DWAI= Driving While Almost Inebriated


----------



## treehugger (Jul 29, 2009)

Copy and print that. Give it to your friends! I keep a copy of it on a card behind my drivers license in my wallet.


----------



## MountainMedic (Apr 24, 2010)

In MT, you do not have the right to an attorney or miranda when detained for dui. How messed up is that?


----------



## treehugger (Jul 29, 2009)

That is seriously messed up. I guess your best bet is to run for the border! 

"A patriot must always be ready to defend his country against his government"
Edward Abbey


----------



## slavetotheflyrod (Sep 2, 2009)

pinemnky13 said:


> Slavetothefly, or clapton crotch, best advice ever! I cant pass a field sobriety test at noon on a Tuesday with 48 hours of no beer but, what happens when they want to do a blood test after you refuse a portable B.A. Test?


The only scenario where you'd be required by law to submit to a blood, breath or urine test (or face a mandatory license suspension) would be in the case of an arrest for suspicion of DUI. At that point the officer has already determined that sufficient probable cause exists to make the arrest, and the the portable brethalyzer is a mere formality. 

You would have to be pretty obviously intoxicated in order for an officer to effect an arrest without the evidence obtained via FST's or the portable breath test, in which case you probably had it coming.


----------



## treehugger (Jul 29, 2009)

Hey slave,

You are obviously not familiar with Fort Collins, CO. It is a college town with officers dedicated to DUI enforcement. My arresting officers title was DUI enforcment officer. They make alot of money off college kids so they can afford new, fun cop toys. I made the mistake of saying that I had a couple of drinks a couple of hours earlier. Because of that admission he then had probable cause to detain me after I refused the roadside breath test. I was pulled over for not using a turn signal in the left hand turn lane at about 230 in the am with no traffic. ANYTHING YOU SAY CAN AND WILL BE USED AGAINST YOU! So yeah *maybe I had it coming for talking with a cop, but not for drinking.* I got pulled over in front of the police department and I BLEW A 0.5%. That is 1 glass of wine with dinner. I was polite and respectful. Not everyone who gets in trouble with the law "has it coming". Like everyone else cops are not always good people and they make mistakes. Some of them really do have serious personality disorders. Not all, but many cops get into the proffession for the power and control over people, not to protect and serve. You need to know your rights and excercise them or suffer the consequences.

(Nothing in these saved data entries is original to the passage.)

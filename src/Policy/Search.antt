-- ===== src/Policy/Search.antt =====
-- internal/policy/search.go: `FilterSearchQuery`.
pub mod Normal
pub mod Accepted
pub mod Found
use web_scraper.Base.{
  ℕ, ◌-◌, Bool, true, false, not, ◌&&◌, ◌||◌, Option, none, some, List, [], ◌∷◌, Text, String,
  codes, text_eq, is_empty, length, leb, ltb, ◌==◌, if◌then◌else◌, map,
}
use web_scraper.Policy.Regex.{Regex, match_string}
use web_scraper.Policy.Unicode.{Runes, decode, is_format, fields, join}
use web_scraper.Policy.Patterns.{
  url_pattern, secret_patterns, instruction_patterns, internal_target_patterns,
}

abbrev max_query_runes : ℕ
max_query_runes = 240

abbrev max_query_terms : ℕ
max_query_terms = 40

pub record Rejection : Type 0 where
  pub code : Text
  pub message : Text

-- A `SearchDecision` has a rejection or a query, which is kept as its runes.
pub data SearchDecision : Type 0 where
  accepted : Runes → Bool → SearchDecision
  rejected : Rejection → SearchDecision

abbrev reject : String → String → SearchDecision
reject code message = rejected (record { code = codes code; message = codes message })

unfoldable pub matches_any : List Regex → Runes → Bool
matches_any [] value = false
matches_any (p ∷ patterns) value = match_string p value || matches_any patterns value

unfoldable pub is_forbidden : ℕ → Bool
is_forbidden r =
    (ltb r 0x20 && not (r == 9) && not (r == 10) && not (r == 13))
    || (leb 0x7f r && leb r 0x9f)
    || is_format r

unfoldable pub has_forbidden_characters : Runes → Bool
has_forbidden_characters [] = false
has_forbidden_characters (r ∷ rs) = is_forbidden r || has_forbidden_characters rs

unfoldable pub fold_width : ℕ → ℕ
fold_width r = if r == 0x3000 then 0x20 else if leb 0xff01 r && leb r 0xff5e then r - 0xfee0 else r

unfoldable pub normalize_query : Runes → Runes
normalize_query value = join (fields (map fold_width value))

-- the checks on the normalized query
unfoldable pub check_query : Runes → Runes → SearchDecision
check_query input query =
    if is_empty query
    then reject "empty_query" "query is empty after normalization"
    else if ltb max_query_runes (length query)
    then reject "query_too_long" "query exceeds 240 characters"
    else if ltb max_query_terms (length (fields query))
    then reject "too_many_terms" "query exceeds 40 whitespace-delimited terms"
    else if match_string url_pattern query
    then reject "url_in_query" "search queries must be product terms, not URLs"
    else if matches_any secret_patterns query
    then reject "credential_in_query" "query appears to contain a credential or private key"
    else if matches_any instruction_patterns query
    then reject "instruction_injection"
        "query contains instruction-like text that should not be forwarded"
    else if matches_any internal_target_patterns query
    then reject "internal_target"
        "query references a local, metadata, environment, or sensitive host/file target"
    else accepted query (not (text_eq query input))

unfoldable pub filter_runes : Runes → SearchDecision
unfolding check_query
filter_runes input =
    if has_forbidden_characters input
    then reject "control_characters"
        "query contains hidden, bidirectional, or non-text control characters"
    else check_query input (normalize_query input)

unfoldable pub filter_search_query : Text → SearchDecision
unfolding filter_runes
filter_search_query input = elim (decode input) [
  | none ↦ reject "control_characters" "query is not valid UTF-8"
  | some rs ↦ filter_runes rs
]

But I did meet alot of new friends to drink with in my alcohol class, so I guess it wasn't all bad.


----------



## treehugger (Jul 29, 2009)

I suppose you think those hippes at Kent state had it coming too and that OJ Simpson is innocent.


----------



## treehugger (Jul 29, 2009)

So now that my smack talking rampage is over, ya wanna go float and fish some rivers. I'm lookin for people to share paddling duties who can actually flyfish and understands trying to drift a fly. I promise i'll keep my beer in a cozy and not submit to FST, or otherwise answer a law enforcment questions. 

your friend Treehugger


----------



## treehugger (Jul 29, 2009)

Or maybe we could hit the South Platte next winter. I usually winter in CO.


----------



## adgeiser (May 26, 2009)

Treehugger,
Wow a member since july 2009 and 16 post.... All on this one thread (almost)... I'm guessing you are still harboring some animosity.


----------



## treehugger (Jul 29, 2009)

I am an angry angry treehugger..... And I am currently chained to a desk against my will. Normally I avoid computers during work and paddle or fish on my time off.

All work and no play makes treehugger a dull boy.


----------



## slavetotheflyrod (Sep 2, 2009)

treehugger said:


> Hey slave,
> 
> You are obviously not familiar with Fort Collins, CO. It is a college town with officers dedicated to DUI enforcement. My arresting officers title was DUI enforcment officer. They make alot of money off college kids so they can afford new, fun cop toys. I made the mistake of saying that I had a couple of drinks a couple of hours earlier. Because of that admission he then had probable cause to detain me after I refused the roadside breath test. I was pulled over for not using a turn signal in the left hand turn lane at about 230 in the am with no traffic. ANYTHING YOU SAY CAN AND WILL BE USED AGAINST YOU! So yeah *maybe I had it coming for talking with a cop, but not for drinking.* I got pulled over in front of the police department and I BLEW A 0.5%. That is 1 glass of wine with dinner. I was polite and respectful. Not everyone who gets in trouble with the law "has it coming". Like everyone else cops are not always good people and they make mistakes. Some of them really do have serious personality disorders. Not all, but many cops get into the proffession for the power and control over people, not to protect and serve. You need to know your rights and excercise them or suffer the consequences.
> 
> But I did meet alot of new friends to drink with in my alcohol class, so I guess it wasn't all bad.


Dude, chill out.

I wasn't specifically refering to your situation, and I'm well aware of the FoCo cops fondness for alcohol laws and DUI enforcement, having lived there myself for a time. If you re-read my post, the assertion I make is that if you're so obviously wasted that the cop doesn't need a field sobriety test or portable breathalyzer to effect an arrest for suspicion of DUI, then you had it coming. Based upon your posts I don't believe you were in such a state. 

For the record, I'm all for arresting intoxicated drivers or boaters whom constitute a threat to themselves and others. What I can not tolerate is these all too common situations where a person who's had a couple of drinks but in no way constitutes a threat to public safety get hauled in and run through the "justice" factory. 

Now then, I'd be glad hit the river with ya anytime - just shoot me a pm.

-Slave


----------



## treehugger (Jul 29, 2009)

You wanna see animosity, check my posts on the worst deals thread


----------



## treehugger (Jul 29, 2009)

OK i'm chilled slave, 

Hope we can meet on the river sometime. Shoot me a message if your eveer paddling in ID. Or maybe we can meet up and fish the s platte next winter. I'm usually in CO in the winter.

Your friend angrytreehuggerdude.


----------